‘Even Private Persons Can Make Arrests, But Can They Seek Police Remand?’: Sibal In Supreme Court Argues Against ED Custody Of Senthil Balaji
The power of the Directorate of Enforcement (ED) to make an arrest under the Prevention of Money Laundering Act, 2002 cannot be conflated with the power to seek the remand of an accused in its own custody, Senior Advocate Kapil Sibal told the Supreme Court of India on Wednesday. “The investigation by the Enforcement Directorate is an inquiry for the purposes of the Prevention...
The power of the Directorate of Enforcement (ED) to make an arrest under the Prevention of Money Laundering Act, 2002 cannot be conflated with the power to seek the remand of an accused in its own custody, Senior Advocate Kapil Sibal told the Supreme Court of India on Wednesday.

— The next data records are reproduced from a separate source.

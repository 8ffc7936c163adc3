-- ===== src/Cache/CryptKey.antt =====
-- `da_cloud_crypt_key` of dacloud_cache.c: a key in hexadecimal digits.
use deviceatlas_cloud_c.Prelude.{
  ℕ, zero, suc, ◌+◌, ◌-◌, ◌*◌, ◌/◌, ◌%◌, ◌≤◌, ◌<◌, ◌≡◌, ◌⊎◌, inl, inr, Bool-cases, ◌^◌, refl, ap,
  [], ◌∷◌, if◌then◌else◌, ltb, leb, take, length, All, arith, Bytes, Outcome, returns, crashes,
  ◌>>=◌, Returns, Returns-cases,
}

-- The array `a`, "0123456789abcdef", at an index below 16.
unfoldable pub hex_digit : ℕ → ℕ
hex_digit n = if ltb n 10 then 48 + n else 87 + n

-- The loop, with the bytes of the digest from `p` on; behind its end a byte is read that is not there.
unfoldable pub hex_each : ℕ → Bytes → Outcome Bytes
unfolding hex_digit
hex_each zero digest = returns []
hex_each (suc resultlen) [] = crashes
hex_each (suc resultlen) (b ∷ p) = do
  rest ← hex_each resultlen p
  returns (hex_digit (b / 16) ∷ hex_digit (b % 16) ∷ rest)

-- `*result = 0` behind the digits, in an array of `resultlen` bytes.
unfoldable pub terminate : ℕ → Bytes → Outcome Bytes
terminate resultlen text = if ltb (length text) resultlen then returns text else crashes

-- The text written to `result`, an array of `resultlen` bytes. `sha256` is the one of OpenSSL.
unfoldable pub crypt_key : (Bytes → Bytes) → Bytes → ℕ → ℕ → Outcome Bytes
unfolding hex_each terminate
crypt_key sha256 source sourcelen resultlen = do
  text ← hex_each (resultlen / 2) (sha256 (take sourcelen source))
  terminate resultlen text

-- The number that a digit stands for.
abbrev digit_value : ℕ → ℕ
digit_value c = if leb c 57 then c - 48 else c - 87

-- The bytes that pairs of digits stand for.
abbrev pub unhex : Bytes → Bytes
unhex [] = []
unhex (c ∷ []) = []
unhex (c ∷ d ∷ cs) = (digit_value c * 16 + digit_value d) ∷ unhex cs

-- One of 0 to 9 and a to f.
abbrev pub IsHexDigit : ℕ → Type 0
IsHexDigit c = ((48 ≤ c) × (c ≤ 57)) ⊎ ((97 ≤ c) × (c ≤ 102))

digit_value-hex_digit : (n : ℕ) → n < 16 → digit_value (hex_digit n) ≡ n
unfolding hex_digit
digit_value-hex_digit n h = ground arith

hex_digit-IsHexDigit : (n : ℕ) → n < 16 → IsHexDigit (hex_digit n)
unfolding hex_digit
hex_digit-IsHexDigit n h = ground arith

-- The text of the first `n` bytes.
pub record Hex (n : ℕ) (digest text : Bytes) : Type 0 where
  pub digits : length text ≡ n * 2
  pub lower : All IsHexDigit text
  pub decodes : unhex text ≡ take n digest

abbrev pub AreBytes : Bytes → Type 0
AreBytes = All (λ b. b < 2 ^ 8)

Hex-cons :
    (n b : ℕ) (p rest : Bytes)
    → b < 2 ^ 8
    → Hex n p rest
    → Hex (suc n) (b ∷ p) (hex_digit (b / 16) ∷ hex_digit (b % 16) ∷ rest)
Hex-cons n b p rest h v =
    let high = digit_value-hex_digit (b / 16) (omega arith) in
    let low = digit_value-hex_digit (b % 16) (omega arith) in
    record {
      digits = omega (arith, v.digits);
      lower = (
        hex_digit-IsHexDigit (b / 16) (omega arith),
        (hex_digit-IsHexDigit (b % 16) (omega arith), v.lower),
      );
      decodes = rw (high, low, v.decodes) (ap (λ k. k ∷ take n p) (omega arith));
    }

hex_each-Hex :
    (n : ℕ) (digest : Bytes)
    → n ≤ length digest
    → AreBytes digest
    → Returns (Hex n digest) (hex_each n digest)
unfolding hex_each
hex_each-Hex zero digest h k = record { digits = refl; lower = tt; decodes = refl }
hex_each-Hex (suc n) [] h k = absurd (omega arith)
hex_each-Hex (suc n) (b ∷ p) h k =
    let (rest, ran, v) = Returns-cases (Hex n p) _ (hex_each-Hex n p (omega arith) k.1) in
    rw (hex_each, ran) (Hex-cons n b p rest k.0 v)

hex_each_short : (n : ℕ) (digest : Bytes) → length digest < n → hex_each n digest ≡ crashes
unfolding hex_each
hex_each_short zero digest h = absurd (omega arith)
hex_each_short (suc n) [] h = refl
hex_each_short (suc n) (b ∷ p) h = rw (hex_each, hex_each_short n p (omega arith)) refl

-- What SHA256 gives: 32 bytes.
pub record IsDigest (digest : Bytes) : Type 0 where
  pub size : length digest ≡ 32
  pub bytes : AreBytes digest

-- With a SHA256 that gives 32 bytes, for a result of an odd number of bytes below 66
-- da_cloud_crypt_key returns and writes lower-case hexadecimal digits, two for each of the first
-- half of so many bytes of the digest, which decode to those bytes; for an even number it writes
-- the terminator behind the result, and for 66 bytes or more it reads behind the digest.
pub crypt_key-Hex :
    (sha256 : Bytes → Bytes) (source : Bytes) (sourcelen resultlen : ℕ)
    → ((text : Bytes) → IsDigest (sha256 text))
    → ((resultlen < 66)
        × (resultlen % 2 ≡ 1)
        × Returns
            (Hex (resultlen / 2) (sha256 (take sourcelen source)))
            (crypt_key sha256 source sourcelen resultlen))
      ⊎ ((66 ≤ resultlen ⊎ (resultlen % 2 ≡ 0))
          × (crypt_key sha256 source sourcelen resultlen ≡ crashes))
unfolding crypt_key terminate
crypt_key-Hex sha256 source sourcelen resultlen law =
    let v = law (take sourcelen source) in
    elim (Bool-cases (ltb resultlen 66)) [
      | inl fits ↦
          let n = resultlen / 2 in
          let (text, ran, hex) =
            Returns-cases (Hex n (sha256 (take sourcelen source))) _
              (hex_each-Hex n _ (ground (arith, fits, v.size)) v.bytes) in
          elim (Bool-cases (ltb (length text) resultlen)) [
            | inl room ↦ inl (
              ground (arith, fits),
              ground (arith, room, hex.digits),
              rw (crypt_key, ran, room, terminate) hex,
            )
            | inr none_left ↦ inr (
              inr (ground (arith, none_left, hex.digits)),
              rw (crypt_key, ran, none_left, terminate) refl,
            )
          ]
      | inr long ↦ inr (
        inl (ground (arith, long)),
        rw
            (
              crypt_key,
              hex_each_short (resultlen / 2) (sha256 (take sourcelen source))
                  (ground (arith, long, v.size)),
            )
            refl,
      )
    ]
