-- ===== src/Cache/Remembering.antt =====
-- What da_cloud_detect of dacloud.c relies on of a cache provider that remembers, as laws on the
-- provider's operations.
use deviceatlas_cloud_c.Prelude.{ℕ, ◌≡◌, none, some, length, Bytes, done, returns, Returns}
use deviceatlas_cloud_c.Mem.{Allocator}
use deviceatlas_cloud_c.Cache.{Got, Left, CacheOps}

-- `Ready` says that the provider knows nothing under the key and can take a text in; `Has` that it
-- gives this text for the key. A get needs memory for its copy.
pub record Remembers (A : Allocator) (C : CacheOps A) : Type 1 where
  pub Ready : C.Cfg → Bytes → Type 0
  pub Has : C.Cfg → Bytes → Bytes → Type 0
  pub looks :
      (s : A.State) (cfg : C.Cfg) (key : Bytes) (g : Got A.State C.Cfg)
      → Ready cfg key
      → C.get s cfg key (some none) ≡ returns g
      → (g.value ≡ some none) × Ready g.cfg key
  pub takes :
      (s : A.State) (cfg : C.Cfg) (key text : Bytes) (left : Left A.State C.Cfg)
      → Ready cfg key
      → C.set s cfg key text ≡ returns left
      → left.status ≡ done
      → Has left.cfg key text
  pub gives :
      (s : A.State) (cfg : C.Cfg) (key text : Bytes) (p : ℕ)
      → Has cfg key text
      → (A.strdup s (length text)).0 ≡ some p
      → Returns
          (λ g. (g.value ≡ some (some (p, text))) × Has g.cfg key text)
          (C.get s cfg key (some none))
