-- ===== src/Server.antt =====
-- dacloud.h, the servers: `struct da_cloud_server` and `struct da_cloud_server_head`.
use deviceatlas_cloud_c.Prelude.{
  ℕ, Option, none, some, List, [], ◌∷◌, ◌++◌, Bool, Bytes, codes, ℤ, print_ulong,
}

-- `response_time` is a double number of seconds, from libcurl's clock of microseconds: it is kept
-- as that many microseconds. `blocks` are the addresses of the struct and of its host, which the
-- allocator gave; the four default servers are static and have none.
pub record Server : Type 0 where
  pub response_time : ℤ
  pub host : Bytes
  pub port : ℕ
  pub blocks : Option (ℕ × ℕ)

-- The struct's own address, that of the array `servers`, and what the array points to; `nb` is the
-- number of those.
pub record ServerHead : Type 0 where
  pub self : ℕ
  pub array : Option ℕ
  pub servers : List Server
  pub dservers : Bool

-- da_cloud_print_server of dacloud_header_property.c, onto what a stream holds; `none` is a null
-- stream. `print_time` is printf of a double with "%4.4f".
module _ (print_time : ℤ → Bytes) where
  unfoldable pub print_server : Option Bytes → Server → Option Bytes
  print_server none s = none
  print_server (some out) s = some (
      out
      ++ codes "host("
      ++ s.host
      ++ codes "), port("
      ++ print_ulong s.port
      ++ codes "), rank("
      ++ print_time s.response_time
      ++ codes ")"
      ++ 10 ∷ [])

  -- da_cloud_servers_ranking of dacloud_util.c, the loop over the servers.
  unfoldable pub servers_ranking : Option Bytes → List Server → Option Bytes
  unfolding print_server
  servers_ranking fp [] = fp
  servers_ranking fp (s ∷ servers) = servers_ranking (print_server fp s) servers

“The investigation by the Enforcement Directorate is an inquiry for the purposes of the Prevention of Money Laundering Act. In other words, the ED officers conduct inquiries, gather evidence, and make arrests once a conclusion of guilt is reached before filing a complaint. All statements recorded during this inquiry are admissible. Now, in this context, the question arises: If ED officers are neither police officers, nor officers in charge of a police station, and the ‘investigation’ is in the nature of an inquiry, then under what power will they seek police remand?”
A bench of Justices AS Bopanna and MM Sundresh was hearing a batch of pleas in connection with the ED seeking custody of DMK leader and Tamil Nadu minister Senthil Balaji in connection with a cash-for-jobs scam in the state. The minister and his wife have both filed separate petitions challenging a verdict of the Madras High Court holding that the central agency was entitled to take him into custody.

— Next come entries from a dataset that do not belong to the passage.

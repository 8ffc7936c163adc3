-- ===== src/Ranking.antt =====
-- dacloud.c, the ranking of the servers: `_da_cloud_servers_fireup` asks each one and sorts them by
-- the time that they took.
pub mod Times
pub mod Sorting
use deviceatlas_cloud_c.Prelude.{
  ℕ, Option, none, some, List, [], ◌∷◌, Bool, true, false, ◌&&◌, not, ltb, ◌==◌, if◌then◌else◌,
  Bytes, ℤ, pos, negsuc, Status, done, failed,
}
use deviceatlas_cloud_c.Server.{Server}

-- a > b
unfoldable pub exceeds : ℤ → ℤ → Bool
exceeds (pos m) (pos n) = ltb n m
exceeds (pos m) (negsuc n) = true
exceeds (negsuc m) (pos n) = false
exceeds (negsuc m) (negsuc n) = ltb m n

-- _servers_cmp: times in microseconds differ by more than the epsilon or not at all, so the result
-- 0, for a difference of the epsilon itself, does not occur.
unfoldable pub servers_cmp : Server → Server → ℤ
unfolding exceeds
servers_cmp a b = if exceeds a.response_time b.response_time then pos 1 else negsuc 0

-- What the function uses of libcurl: whether there is a handle; and for a host and a port, if the
-- transfer ends well, the response code and the time in microseconds.
pub record Probes : Type 1 where
  pub Net : Type 0
  pub easy_init : Net → Bool × Net
  pub perform : Net → Bytes → ℕ → Option (ℕ × ℕ) × Net

-- -1.0 seconds
abbrev pub unreached : ℤ
unreached = negsuc 999999

-- The response time after a transfer.
unfoldable pub time_of : Option (ℕ × ℕ) → ℤ
time_of none = unreached
time_of (some (response_code, total_time)) =
    if response_code == 200 then pos total_time else unreached

-- `_ret` after a transfer.
unfoldable pub ret_of : Status → Option (ℕ × ℕ) → Status
ret_of ret none = ret
ret_of ret (some (response_code, total_time)) = if response_code == 200 then done else ret

-- The loop's result: whether it went through all servers, `_ret`, and the servers.
pub record Measured (Net : Type 0) : Type 0 where
  pub complete : Bool
  pub ret : Status
  pub servers : List Server
  pub net : Net

-- What the function returns and leaves.
pub record Fired (Net : Type 0) : Type 0 where
  pub status : Status
  pub servers : List Server
  pub net : Net

abbrev pub is_done : Status → Bool
is_done done = true
is_done failed = false

module _ (W : Probes) where
  open W use {Net, easy_init, perform}

  -- The loop, with `_ret` so far; without a handle it is left at once.
  unfoldable pub measure : Net → Status → List Server → Measured Net
  unfolding time_of ret_of
  measure net ret [] = record { complete = true; ret = ret; servers = []; net = net }
  measure net ret (s ∷ servers) =
      let (handle, net') = easy_init net in
      let (answer, net'') = perform net' s.host s.port in
      let rest = measure net'' (ret_of ret answer) servers in
      elim handle [
        | false ↦ record { complete = false; ret = ret; servers = s ∷ servers; net = net' }
        | true ↦ record rest {
          servers = record s { response_time = time_of answer } ∷ rest.servers;
        }
      ]

-- `qsort` is the one of the C library.
module _ (W : Probes) (qsort : (Server → Server → ℤ) → List Server → List Server) where
  open W use {Net}

  -- Behind the loop.
  unfoldable pub rank : Bool → Measured Net → Fired Net
  unfolding servers_cmp
  rank manual_ranking m = record {
    status = m.ret;
    servers =
        if is_done m.ret && not manual_ranking then qsort servers_cmp m.servers else m.servers;
    net = m.net;
  }

  unfoldable pub servers_fireup : Net → Bool → List Server → Fired Net
  unfolding measure rank
  servers_fireup net manual_ranking servers =
      let m = measure W net failed servers in
      elim m.complete [
        | false ↦ record { status = failed; servers = m.servers; net = m.net }
        | true ↦ rank manual_ranking m
      ]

Sibal argued before the apex court bench today that the Enforcement Directorate seeking custody of the minister was illegal inasmuch as they were not ‘police officers’ under the Prevention of Money Laundering Act, as per the decision of the Supreme Court in the 2022 Vijay Madanlal Choudhary judgement. In response to a query from the bench as to why the central agency could not seek police remand even though it had the power to make an arrest, Sibal said:
“In regulatory statutes, the police is given the power of remand and not the officer of the concerned agency. Under the Customs Act or Foreign Exchange Regulation Act, there is still a specific provision which allows an officer, as the officer in charge of a police station, to grant bail in case of bailable offences. For non-bailable offences and further investigation, the officer will hand it over to the police. Even a provision like this does not exist in the PMLA.”
To illustrate his contention that the power of arrest did not necessarily confer on an agency the power to seek police remand, Sibal used the examples of the Customs Act, 1962, and the Foreign Exchange Regulation Act, 1973:
“Can a FERA officer seek police remand? He has the power to arrest. No. Can a Customs officer – who also has the power to arrest – seek police remand? The answer is no. In a customs case, for example, after a person is caught and their statement recorded, they are handed over to the police authority who seek remand. Under the Code of Criminal Procedure, even a private person can make an arrest. Will he get remand? No. There is no such law. A person has to be a police officer or an officer in charge of a police station in order to seek remand.”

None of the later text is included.